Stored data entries
● ● ● ● ●

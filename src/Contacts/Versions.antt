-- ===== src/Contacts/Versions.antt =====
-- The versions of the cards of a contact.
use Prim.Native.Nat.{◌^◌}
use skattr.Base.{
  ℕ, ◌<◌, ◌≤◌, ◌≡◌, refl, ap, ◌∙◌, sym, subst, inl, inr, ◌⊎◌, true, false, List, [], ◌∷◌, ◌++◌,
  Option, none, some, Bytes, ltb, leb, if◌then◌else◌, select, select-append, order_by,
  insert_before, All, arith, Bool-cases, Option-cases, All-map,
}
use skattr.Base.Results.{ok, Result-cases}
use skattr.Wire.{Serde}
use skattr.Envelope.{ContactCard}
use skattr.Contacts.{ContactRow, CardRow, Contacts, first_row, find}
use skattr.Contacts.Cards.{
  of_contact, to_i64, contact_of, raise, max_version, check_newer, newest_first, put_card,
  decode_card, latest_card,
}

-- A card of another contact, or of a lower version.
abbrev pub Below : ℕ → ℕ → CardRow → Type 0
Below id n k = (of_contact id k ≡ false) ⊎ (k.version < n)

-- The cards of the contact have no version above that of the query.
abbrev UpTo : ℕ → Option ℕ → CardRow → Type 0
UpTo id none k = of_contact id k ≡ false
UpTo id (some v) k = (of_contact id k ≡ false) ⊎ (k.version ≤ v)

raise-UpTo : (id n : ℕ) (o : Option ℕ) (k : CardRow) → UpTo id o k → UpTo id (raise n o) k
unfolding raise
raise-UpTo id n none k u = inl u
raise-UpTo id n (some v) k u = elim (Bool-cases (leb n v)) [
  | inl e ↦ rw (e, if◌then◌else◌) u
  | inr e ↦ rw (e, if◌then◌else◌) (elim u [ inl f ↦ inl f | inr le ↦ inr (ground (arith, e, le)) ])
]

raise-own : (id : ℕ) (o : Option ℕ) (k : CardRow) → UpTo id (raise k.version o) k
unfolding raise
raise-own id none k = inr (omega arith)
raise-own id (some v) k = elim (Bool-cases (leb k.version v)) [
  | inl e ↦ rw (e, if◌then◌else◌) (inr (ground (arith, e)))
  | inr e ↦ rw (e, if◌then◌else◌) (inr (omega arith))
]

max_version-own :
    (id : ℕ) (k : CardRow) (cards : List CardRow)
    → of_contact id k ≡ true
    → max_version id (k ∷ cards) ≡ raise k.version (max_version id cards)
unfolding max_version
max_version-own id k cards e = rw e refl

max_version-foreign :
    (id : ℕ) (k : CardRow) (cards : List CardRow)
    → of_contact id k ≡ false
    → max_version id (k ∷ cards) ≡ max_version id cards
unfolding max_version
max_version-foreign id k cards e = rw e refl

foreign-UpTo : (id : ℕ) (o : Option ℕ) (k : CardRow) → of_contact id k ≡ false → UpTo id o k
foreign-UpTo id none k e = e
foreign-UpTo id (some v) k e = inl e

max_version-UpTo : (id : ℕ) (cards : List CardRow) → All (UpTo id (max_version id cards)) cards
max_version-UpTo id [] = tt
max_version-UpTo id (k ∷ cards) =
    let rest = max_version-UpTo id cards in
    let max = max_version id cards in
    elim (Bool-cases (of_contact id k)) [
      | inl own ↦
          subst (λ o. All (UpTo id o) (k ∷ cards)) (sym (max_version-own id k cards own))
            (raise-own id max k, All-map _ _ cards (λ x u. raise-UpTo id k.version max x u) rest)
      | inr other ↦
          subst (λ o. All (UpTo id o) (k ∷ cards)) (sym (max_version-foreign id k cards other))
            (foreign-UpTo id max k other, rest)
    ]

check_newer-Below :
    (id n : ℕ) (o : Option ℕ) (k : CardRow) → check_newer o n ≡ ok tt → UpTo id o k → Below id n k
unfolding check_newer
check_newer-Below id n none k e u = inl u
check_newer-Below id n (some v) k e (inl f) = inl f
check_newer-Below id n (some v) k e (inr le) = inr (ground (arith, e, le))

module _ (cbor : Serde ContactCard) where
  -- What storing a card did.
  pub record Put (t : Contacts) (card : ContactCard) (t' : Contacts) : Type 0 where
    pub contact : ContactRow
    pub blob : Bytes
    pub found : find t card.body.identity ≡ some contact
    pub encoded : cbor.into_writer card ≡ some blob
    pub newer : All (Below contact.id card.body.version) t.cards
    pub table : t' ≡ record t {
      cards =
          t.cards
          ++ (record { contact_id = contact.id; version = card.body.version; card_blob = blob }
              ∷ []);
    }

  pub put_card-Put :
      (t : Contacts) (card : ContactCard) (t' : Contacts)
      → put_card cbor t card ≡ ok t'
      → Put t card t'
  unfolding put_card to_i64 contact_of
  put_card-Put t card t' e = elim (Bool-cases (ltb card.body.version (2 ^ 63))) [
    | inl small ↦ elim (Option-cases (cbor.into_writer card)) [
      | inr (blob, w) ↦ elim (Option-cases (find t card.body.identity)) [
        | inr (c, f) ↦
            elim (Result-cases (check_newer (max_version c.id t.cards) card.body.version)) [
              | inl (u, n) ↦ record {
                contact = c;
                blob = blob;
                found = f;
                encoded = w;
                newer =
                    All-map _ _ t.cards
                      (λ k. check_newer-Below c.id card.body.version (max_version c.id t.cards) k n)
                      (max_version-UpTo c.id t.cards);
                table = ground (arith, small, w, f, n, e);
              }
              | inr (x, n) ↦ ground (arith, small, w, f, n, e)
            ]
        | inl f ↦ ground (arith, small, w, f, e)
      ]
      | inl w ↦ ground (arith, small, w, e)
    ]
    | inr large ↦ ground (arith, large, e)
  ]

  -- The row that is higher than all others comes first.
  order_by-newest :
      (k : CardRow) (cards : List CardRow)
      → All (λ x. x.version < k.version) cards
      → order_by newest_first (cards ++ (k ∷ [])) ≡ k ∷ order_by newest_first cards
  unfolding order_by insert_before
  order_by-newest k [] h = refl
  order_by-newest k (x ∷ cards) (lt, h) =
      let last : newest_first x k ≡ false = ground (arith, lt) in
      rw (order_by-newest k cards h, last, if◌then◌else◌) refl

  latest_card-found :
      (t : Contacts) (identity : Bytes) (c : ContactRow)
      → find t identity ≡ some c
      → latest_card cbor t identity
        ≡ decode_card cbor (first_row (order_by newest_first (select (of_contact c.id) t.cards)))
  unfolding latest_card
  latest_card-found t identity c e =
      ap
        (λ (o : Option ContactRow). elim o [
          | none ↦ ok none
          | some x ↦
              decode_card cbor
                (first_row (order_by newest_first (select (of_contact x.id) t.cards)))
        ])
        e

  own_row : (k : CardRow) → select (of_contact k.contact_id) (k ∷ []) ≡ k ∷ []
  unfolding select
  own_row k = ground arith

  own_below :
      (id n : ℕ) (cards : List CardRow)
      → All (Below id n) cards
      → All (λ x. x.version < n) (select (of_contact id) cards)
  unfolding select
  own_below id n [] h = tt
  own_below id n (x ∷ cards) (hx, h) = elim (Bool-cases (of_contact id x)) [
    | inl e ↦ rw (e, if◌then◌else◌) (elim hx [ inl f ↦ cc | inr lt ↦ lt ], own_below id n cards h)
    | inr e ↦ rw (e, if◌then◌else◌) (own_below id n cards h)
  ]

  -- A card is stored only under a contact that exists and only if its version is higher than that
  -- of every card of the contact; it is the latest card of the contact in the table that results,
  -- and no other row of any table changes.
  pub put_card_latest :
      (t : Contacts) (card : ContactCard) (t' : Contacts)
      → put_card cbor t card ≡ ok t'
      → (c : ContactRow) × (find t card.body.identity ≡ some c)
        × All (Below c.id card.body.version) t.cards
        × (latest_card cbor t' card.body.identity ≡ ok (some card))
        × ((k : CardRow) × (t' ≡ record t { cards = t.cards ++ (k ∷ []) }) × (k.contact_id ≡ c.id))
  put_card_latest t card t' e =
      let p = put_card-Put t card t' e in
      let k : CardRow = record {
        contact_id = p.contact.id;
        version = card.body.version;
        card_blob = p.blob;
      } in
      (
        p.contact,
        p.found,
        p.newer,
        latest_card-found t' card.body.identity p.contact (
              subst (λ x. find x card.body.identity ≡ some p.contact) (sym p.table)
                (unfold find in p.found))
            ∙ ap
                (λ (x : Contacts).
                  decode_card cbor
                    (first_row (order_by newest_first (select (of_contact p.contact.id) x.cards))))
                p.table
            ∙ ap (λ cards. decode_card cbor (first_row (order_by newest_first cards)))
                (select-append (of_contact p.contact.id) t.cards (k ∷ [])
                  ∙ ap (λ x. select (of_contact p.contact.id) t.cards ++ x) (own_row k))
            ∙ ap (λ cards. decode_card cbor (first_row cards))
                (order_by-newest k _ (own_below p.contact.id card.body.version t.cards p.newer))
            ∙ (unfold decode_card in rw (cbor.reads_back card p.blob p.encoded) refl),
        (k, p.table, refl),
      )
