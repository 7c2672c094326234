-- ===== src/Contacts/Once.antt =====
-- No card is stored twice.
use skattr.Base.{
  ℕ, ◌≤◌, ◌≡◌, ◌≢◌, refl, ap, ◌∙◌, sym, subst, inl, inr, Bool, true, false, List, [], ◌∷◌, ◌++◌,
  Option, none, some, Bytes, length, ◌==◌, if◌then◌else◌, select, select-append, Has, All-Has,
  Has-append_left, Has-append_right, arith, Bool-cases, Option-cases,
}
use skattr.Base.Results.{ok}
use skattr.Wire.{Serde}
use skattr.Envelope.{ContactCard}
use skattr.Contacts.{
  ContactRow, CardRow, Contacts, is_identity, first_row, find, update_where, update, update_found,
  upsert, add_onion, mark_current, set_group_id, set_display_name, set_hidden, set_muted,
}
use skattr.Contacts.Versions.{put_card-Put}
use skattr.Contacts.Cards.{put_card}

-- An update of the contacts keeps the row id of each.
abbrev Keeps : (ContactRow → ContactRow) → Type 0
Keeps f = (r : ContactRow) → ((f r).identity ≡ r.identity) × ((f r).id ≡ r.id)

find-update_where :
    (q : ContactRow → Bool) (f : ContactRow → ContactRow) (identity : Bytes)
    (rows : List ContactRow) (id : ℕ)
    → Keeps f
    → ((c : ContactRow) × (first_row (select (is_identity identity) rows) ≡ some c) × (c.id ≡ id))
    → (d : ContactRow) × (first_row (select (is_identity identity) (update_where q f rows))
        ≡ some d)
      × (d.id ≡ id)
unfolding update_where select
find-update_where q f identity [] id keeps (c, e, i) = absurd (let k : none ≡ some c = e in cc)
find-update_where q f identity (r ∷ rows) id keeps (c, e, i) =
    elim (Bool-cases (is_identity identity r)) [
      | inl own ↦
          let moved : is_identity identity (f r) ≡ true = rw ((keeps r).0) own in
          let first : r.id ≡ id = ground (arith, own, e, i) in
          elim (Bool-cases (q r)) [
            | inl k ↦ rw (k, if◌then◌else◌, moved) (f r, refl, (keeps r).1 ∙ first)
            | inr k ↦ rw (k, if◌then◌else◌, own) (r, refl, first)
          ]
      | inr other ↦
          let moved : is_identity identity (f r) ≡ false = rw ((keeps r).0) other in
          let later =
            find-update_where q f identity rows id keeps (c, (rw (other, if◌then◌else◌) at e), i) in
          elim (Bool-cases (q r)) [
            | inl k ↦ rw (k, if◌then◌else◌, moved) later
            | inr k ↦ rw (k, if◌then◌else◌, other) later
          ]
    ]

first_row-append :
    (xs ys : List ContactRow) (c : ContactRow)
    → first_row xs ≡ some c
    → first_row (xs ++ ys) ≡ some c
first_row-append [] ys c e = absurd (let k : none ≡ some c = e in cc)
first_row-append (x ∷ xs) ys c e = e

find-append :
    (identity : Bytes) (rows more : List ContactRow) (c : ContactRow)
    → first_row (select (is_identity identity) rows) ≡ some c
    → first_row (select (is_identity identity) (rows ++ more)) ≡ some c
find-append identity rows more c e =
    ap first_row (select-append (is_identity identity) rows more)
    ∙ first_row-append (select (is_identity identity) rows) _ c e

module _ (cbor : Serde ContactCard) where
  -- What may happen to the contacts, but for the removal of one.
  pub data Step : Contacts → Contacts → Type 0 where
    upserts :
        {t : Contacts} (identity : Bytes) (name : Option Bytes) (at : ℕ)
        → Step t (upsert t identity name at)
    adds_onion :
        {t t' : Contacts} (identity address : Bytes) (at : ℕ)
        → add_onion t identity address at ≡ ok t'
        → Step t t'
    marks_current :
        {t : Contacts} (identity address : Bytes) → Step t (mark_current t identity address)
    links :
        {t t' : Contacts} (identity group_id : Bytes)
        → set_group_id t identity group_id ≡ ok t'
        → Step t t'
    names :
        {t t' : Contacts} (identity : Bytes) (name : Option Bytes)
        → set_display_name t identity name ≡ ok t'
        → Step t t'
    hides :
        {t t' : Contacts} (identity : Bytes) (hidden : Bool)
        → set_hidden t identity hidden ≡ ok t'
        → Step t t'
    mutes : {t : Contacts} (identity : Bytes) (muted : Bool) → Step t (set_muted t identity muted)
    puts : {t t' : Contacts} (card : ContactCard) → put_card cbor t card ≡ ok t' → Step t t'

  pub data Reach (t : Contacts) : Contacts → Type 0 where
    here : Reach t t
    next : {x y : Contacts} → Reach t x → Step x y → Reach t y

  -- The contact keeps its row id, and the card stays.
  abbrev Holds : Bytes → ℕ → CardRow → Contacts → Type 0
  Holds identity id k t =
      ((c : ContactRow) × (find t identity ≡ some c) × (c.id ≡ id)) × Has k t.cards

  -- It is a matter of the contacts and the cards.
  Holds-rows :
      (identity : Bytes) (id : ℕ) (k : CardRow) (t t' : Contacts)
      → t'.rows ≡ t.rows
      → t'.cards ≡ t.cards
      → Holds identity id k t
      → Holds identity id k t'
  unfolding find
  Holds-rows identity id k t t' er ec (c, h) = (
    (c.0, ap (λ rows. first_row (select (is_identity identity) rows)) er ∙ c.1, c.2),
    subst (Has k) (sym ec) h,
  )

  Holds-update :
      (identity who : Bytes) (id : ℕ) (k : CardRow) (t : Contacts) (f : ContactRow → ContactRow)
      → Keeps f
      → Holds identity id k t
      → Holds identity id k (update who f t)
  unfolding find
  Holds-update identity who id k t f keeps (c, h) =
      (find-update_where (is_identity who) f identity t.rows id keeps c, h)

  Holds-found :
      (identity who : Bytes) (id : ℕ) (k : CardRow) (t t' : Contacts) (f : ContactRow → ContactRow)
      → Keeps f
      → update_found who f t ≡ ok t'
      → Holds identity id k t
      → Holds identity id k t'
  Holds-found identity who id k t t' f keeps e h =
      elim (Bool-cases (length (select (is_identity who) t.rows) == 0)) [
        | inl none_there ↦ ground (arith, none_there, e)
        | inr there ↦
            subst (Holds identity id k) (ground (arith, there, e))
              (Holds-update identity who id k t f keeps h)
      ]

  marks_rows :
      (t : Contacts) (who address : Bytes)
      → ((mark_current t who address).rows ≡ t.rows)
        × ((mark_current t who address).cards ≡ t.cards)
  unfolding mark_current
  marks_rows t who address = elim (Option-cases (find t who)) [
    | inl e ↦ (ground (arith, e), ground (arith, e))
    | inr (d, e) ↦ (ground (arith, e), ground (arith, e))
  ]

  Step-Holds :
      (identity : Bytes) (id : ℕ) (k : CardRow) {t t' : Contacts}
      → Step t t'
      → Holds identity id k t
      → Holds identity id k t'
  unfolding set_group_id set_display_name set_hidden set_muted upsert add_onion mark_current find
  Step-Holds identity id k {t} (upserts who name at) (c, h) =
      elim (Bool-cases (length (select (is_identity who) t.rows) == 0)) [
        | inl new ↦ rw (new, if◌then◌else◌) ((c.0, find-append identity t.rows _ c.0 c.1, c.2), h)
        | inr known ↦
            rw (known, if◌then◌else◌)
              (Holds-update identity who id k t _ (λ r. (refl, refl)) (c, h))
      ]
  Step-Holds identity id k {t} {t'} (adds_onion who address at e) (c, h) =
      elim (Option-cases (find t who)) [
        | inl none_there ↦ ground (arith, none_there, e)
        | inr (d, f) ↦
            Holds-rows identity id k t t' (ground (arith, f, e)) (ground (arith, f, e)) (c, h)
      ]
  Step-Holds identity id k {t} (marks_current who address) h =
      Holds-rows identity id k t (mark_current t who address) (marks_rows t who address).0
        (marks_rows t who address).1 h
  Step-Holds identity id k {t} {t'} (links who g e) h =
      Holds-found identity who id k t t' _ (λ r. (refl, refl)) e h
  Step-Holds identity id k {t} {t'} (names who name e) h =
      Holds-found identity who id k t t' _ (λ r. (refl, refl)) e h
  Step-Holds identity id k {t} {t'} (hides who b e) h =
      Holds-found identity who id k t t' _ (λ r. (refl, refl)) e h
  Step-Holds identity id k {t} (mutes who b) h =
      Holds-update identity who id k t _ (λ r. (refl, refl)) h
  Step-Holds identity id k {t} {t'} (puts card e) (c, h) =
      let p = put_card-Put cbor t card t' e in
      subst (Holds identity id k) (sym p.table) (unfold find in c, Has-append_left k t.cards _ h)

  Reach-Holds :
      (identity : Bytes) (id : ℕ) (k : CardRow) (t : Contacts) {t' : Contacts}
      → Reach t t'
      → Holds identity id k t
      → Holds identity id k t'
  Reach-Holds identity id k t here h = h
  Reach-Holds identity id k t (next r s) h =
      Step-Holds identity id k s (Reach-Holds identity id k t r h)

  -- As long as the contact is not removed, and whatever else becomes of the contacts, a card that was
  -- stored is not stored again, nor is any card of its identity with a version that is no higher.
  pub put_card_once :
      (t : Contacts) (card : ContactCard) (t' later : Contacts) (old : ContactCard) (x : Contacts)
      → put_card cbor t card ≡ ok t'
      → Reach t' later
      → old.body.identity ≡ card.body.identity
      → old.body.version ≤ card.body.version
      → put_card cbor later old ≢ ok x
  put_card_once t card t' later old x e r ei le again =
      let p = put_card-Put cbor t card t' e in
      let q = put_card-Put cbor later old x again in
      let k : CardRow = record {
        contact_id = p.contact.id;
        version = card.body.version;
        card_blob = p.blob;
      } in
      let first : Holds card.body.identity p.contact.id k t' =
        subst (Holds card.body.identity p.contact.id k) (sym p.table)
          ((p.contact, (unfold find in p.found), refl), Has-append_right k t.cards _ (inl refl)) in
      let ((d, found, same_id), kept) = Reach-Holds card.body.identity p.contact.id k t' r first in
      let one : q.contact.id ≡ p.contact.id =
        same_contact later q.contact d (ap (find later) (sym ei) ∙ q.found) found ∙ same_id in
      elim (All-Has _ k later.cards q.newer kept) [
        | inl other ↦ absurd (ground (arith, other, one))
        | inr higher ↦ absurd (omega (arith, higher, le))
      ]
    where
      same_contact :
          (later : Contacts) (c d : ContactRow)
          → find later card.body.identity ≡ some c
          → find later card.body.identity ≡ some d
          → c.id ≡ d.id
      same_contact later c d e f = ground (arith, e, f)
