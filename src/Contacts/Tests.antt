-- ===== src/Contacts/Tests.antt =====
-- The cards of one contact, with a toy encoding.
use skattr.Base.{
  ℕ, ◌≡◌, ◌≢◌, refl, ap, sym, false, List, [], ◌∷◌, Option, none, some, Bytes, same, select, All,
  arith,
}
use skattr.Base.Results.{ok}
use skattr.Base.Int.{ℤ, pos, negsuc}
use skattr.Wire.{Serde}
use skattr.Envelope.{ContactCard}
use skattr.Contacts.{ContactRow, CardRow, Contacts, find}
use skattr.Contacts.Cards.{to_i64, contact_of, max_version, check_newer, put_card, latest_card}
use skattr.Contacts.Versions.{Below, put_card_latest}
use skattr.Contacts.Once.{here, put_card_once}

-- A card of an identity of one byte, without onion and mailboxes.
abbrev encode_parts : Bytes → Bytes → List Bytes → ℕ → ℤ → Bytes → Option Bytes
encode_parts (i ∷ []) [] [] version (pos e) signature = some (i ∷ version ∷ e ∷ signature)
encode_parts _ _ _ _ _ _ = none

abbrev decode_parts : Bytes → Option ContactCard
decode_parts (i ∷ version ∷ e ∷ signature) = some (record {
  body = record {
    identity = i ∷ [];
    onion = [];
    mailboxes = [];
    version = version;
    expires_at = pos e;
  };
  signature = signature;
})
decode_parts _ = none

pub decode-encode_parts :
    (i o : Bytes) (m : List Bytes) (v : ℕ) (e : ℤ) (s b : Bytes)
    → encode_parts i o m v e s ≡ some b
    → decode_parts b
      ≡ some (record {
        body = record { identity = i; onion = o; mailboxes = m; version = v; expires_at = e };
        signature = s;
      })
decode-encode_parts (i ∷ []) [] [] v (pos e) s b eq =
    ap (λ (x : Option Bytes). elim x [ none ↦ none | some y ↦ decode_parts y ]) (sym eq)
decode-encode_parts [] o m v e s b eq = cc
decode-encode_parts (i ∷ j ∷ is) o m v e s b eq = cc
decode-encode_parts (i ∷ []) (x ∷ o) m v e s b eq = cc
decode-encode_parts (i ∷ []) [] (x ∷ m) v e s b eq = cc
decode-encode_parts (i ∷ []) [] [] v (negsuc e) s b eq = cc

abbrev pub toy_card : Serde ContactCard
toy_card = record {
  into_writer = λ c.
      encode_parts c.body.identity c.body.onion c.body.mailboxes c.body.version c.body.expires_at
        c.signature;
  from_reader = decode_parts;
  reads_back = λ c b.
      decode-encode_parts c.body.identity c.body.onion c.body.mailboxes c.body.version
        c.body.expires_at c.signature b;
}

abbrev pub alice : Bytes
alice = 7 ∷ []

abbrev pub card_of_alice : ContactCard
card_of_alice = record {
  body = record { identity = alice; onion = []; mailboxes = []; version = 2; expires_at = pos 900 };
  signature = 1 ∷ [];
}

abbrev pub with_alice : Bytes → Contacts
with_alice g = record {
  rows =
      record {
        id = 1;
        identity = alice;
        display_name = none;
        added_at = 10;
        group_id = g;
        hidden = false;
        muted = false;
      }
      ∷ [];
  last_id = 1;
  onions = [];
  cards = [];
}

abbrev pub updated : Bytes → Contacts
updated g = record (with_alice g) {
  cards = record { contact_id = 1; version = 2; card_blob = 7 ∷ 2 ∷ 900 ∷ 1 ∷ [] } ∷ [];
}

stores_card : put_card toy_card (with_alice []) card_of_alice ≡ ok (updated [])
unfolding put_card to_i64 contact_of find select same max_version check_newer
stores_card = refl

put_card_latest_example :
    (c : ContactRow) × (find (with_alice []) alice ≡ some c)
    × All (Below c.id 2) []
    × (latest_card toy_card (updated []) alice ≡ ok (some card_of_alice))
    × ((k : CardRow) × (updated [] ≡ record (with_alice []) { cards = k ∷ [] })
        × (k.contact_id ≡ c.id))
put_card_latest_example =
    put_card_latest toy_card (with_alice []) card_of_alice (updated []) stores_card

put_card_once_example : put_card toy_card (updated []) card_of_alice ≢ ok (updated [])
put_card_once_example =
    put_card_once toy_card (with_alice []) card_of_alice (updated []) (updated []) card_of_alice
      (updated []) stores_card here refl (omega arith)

● ● ● ● ●

__Task instructions__:
The expected answer is an exact copy of the lines above, beginning at the line with "-- The cards of the" and ending at the line with "max_version-foreign id k cards e = rw e refl", with both ends in.

__Written reply__:
-- The cards of the contact have no version above that of the query.
abbrev UpTo : ℕ → Option ℕ → CardRow → Type 0
UpTo id none k = of_contact id k ≡ false
UpTo id (some v) k = (of_contact id k ≡ false) ⊎ (k.version ≤ v)

raise-UpTo : (id n : ℕ) (o : Option ℕ) (k : CardRow) → UpTo id o k → UpTo id (raise n o) k
unfolding raise
raise-UpTo id n none k u = inl u
raise-UpTo id n (some v) k u = elim (Bool-cases (leb n v)) [
  | inl e ↦ rw (e, if◌then◌else◌) u
  | inr e ↦ rw (e, if◌then◌else◌) (elim u [ inl f ↦ inl f | inr le ↦ inr (ground (arith, e, le)) ])
]

raise-own : (id : ℕ) (o : Option ℕ) (k : CardRow) → UpTo id (raise k.version o) k
unfolding raise
raise-own id none k = inr (omega arith)
raise-own id (some v) k = elim (Bool-cases (leb k.version v)) [
  | inl e ↦ rw (e, if◌then◌else◌) (inr (ground (arith, e)))
  | inr e ↦ rw (e, if◌then◌else◌) (inr (omega arith))
]

max_version-own :
    (id : ℕ) (k : CardRow) (cards : List CardRow)
    → of_contact id k ≡ true
    → max_version id (k ∷ cards) ≡ raise k.version (max_version id cards)
unfolding max_version
max_version-own id k cards e = rw e refl

max_version-foreign :
    (id : ℕ) (k : CardRow) (cards : List CardRow)
    → of_contact id k ≡ false
    → max_version id (k ∷ cards) ≡ max_version id cards
unfolding max_version
max_version-foreign id k cards e = rw e refl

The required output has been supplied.